WHAT YOU HAVE TO DO » The result should be an exact copy of the lines from the one with "id later).1) seen" through the last line of the data below, both included.

(MATERIAL PROVIDED Opens)

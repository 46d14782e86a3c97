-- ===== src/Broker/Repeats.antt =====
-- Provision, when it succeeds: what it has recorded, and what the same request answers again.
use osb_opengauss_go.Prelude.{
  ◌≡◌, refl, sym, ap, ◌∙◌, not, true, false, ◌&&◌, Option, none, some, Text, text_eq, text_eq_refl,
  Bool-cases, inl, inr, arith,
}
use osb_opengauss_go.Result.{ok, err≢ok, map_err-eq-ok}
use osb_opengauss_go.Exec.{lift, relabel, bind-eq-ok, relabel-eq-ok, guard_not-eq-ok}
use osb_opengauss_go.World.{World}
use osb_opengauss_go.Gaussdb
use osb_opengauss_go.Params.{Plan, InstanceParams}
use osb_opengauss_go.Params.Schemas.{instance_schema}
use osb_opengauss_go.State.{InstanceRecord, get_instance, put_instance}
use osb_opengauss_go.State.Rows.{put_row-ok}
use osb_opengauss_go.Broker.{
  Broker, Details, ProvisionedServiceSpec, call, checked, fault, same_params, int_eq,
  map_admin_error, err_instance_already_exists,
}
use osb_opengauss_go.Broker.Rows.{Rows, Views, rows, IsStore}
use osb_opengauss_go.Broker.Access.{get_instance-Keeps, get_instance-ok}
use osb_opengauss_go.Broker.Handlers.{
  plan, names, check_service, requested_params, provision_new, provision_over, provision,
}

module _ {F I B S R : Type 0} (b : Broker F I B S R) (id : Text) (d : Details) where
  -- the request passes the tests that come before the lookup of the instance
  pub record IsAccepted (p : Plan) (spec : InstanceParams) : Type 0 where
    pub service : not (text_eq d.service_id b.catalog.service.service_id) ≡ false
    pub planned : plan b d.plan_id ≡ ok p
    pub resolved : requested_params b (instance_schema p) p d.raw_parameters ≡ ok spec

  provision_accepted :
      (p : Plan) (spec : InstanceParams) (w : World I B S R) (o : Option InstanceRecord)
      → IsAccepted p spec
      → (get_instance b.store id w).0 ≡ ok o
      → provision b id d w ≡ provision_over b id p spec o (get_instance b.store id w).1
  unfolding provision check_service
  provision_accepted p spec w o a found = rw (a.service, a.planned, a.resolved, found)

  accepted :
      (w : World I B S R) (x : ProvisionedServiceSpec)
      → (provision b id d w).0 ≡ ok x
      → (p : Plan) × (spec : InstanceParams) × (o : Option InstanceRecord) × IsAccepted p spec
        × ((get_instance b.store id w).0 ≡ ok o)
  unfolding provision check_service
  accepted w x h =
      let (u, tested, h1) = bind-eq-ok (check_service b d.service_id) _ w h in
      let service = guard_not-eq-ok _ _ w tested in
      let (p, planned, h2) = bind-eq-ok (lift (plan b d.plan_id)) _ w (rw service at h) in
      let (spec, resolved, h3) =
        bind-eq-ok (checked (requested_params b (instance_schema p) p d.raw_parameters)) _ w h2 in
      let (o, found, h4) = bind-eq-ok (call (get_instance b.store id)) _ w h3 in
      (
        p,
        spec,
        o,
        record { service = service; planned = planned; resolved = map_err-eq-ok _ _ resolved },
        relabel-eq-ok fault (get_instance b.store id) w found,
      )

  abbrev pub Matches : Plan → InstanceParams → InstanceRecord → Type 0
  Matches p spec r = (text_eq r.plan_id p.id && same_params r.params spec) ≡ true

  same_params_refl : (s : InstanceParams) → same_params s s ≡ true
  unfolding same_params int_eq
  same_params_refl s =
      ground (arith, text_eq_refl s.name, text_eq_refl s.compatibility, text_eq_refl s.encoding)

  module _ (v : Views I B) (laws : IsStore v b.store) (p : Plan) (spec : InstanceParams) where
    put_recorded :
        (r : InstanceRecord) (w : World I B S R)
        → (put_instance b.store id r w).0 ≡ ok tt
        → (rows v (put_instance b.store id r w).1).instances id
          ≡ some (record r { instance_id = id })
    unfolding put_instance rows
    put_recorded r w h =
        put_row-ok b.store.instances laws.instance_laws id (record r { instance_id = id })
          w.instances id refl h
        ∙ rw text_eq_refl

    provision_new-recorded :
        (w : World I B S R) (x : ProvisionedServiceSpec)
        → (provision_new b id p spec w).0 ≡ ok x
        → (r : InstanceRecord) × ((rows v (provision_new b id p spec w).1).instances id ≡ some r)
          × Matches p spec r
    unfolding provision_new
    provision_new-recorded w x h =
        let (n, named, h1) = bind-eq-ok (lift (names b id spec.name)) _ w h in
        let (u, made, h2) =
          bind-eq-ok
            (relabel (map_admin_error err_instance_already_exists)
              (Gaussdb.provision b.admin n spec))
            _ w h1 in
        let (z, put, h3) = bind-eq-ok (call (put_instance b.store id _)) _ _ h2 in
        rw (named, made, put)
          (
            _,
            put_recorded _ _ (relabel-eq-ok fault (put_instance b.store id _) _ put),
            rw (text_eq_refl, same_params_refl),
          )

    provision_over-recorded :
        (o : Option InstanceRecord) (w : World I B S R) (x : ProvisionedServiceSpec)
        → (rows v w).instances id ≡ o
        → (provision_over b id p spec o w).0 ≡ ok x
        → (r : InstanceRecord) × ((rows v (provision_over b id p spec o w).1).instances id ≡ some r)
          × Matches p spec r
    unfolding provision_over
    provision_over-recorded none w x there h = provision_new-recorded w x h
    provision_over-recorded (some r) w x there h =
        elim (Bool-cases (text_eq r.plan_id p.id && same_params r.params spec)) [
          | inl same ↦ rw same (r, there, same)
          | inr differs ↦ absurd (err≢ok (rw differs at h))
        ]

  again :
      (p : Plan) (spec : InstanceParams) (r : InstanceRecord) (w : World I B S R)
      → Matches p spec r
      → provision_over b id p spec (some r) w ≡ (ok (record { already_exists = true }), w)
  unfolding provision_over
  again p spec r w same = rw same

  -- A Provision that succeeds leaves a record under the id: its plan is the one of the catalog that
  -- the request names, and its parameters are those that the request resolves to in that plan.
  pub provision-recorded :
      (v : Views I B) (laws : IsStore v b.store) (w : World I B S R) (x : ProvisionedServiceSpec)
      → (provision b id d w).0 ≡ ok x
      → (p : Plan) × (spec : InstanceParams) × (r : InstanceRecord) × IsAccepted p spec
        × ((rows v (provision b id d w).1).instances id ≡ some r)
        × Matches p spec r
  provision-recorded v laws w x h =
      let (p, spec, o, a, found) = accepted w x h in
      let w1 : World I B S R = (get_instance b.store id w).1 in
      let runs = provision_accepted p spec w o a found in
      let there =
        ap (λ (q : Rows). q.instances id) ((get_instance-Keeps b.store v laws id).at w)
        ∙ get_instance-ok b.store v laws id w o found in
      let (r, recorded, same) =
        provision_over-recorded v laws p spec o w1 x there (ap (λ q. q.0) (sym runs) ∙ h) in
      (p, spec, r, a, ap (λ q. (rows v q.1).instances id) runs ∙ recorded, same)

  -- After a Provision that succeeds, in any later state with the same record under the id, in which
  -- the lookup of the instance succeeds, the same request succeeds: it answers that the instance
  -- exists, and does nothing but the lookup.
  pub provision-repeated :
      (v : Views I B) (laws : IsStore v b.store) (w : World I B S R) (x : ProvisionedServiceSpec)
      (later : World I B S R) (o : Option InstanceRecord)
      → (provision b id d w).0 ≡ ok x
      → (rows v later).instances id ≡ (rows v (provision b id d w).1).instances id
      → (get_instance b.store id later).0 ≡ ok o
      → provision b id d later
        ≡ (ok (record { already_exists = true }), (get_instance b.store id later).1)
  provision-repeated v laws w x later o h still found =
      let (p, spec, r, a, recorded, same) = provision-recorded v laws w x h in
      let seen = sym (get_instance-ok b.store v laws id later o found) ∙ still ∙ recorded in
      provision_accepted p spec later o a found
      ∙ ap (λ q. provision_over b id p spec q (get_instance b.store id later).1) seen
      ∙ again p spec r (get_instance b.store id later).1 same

(MATERIAL PROVIDED Closes)

RESPONSE TO THE TASK »
      ∙ ap (λ q. provision_over b id p spec q (get_instance b.store id later).1) seen
      ∙ again p spec r (get_instance b.store id later).1 same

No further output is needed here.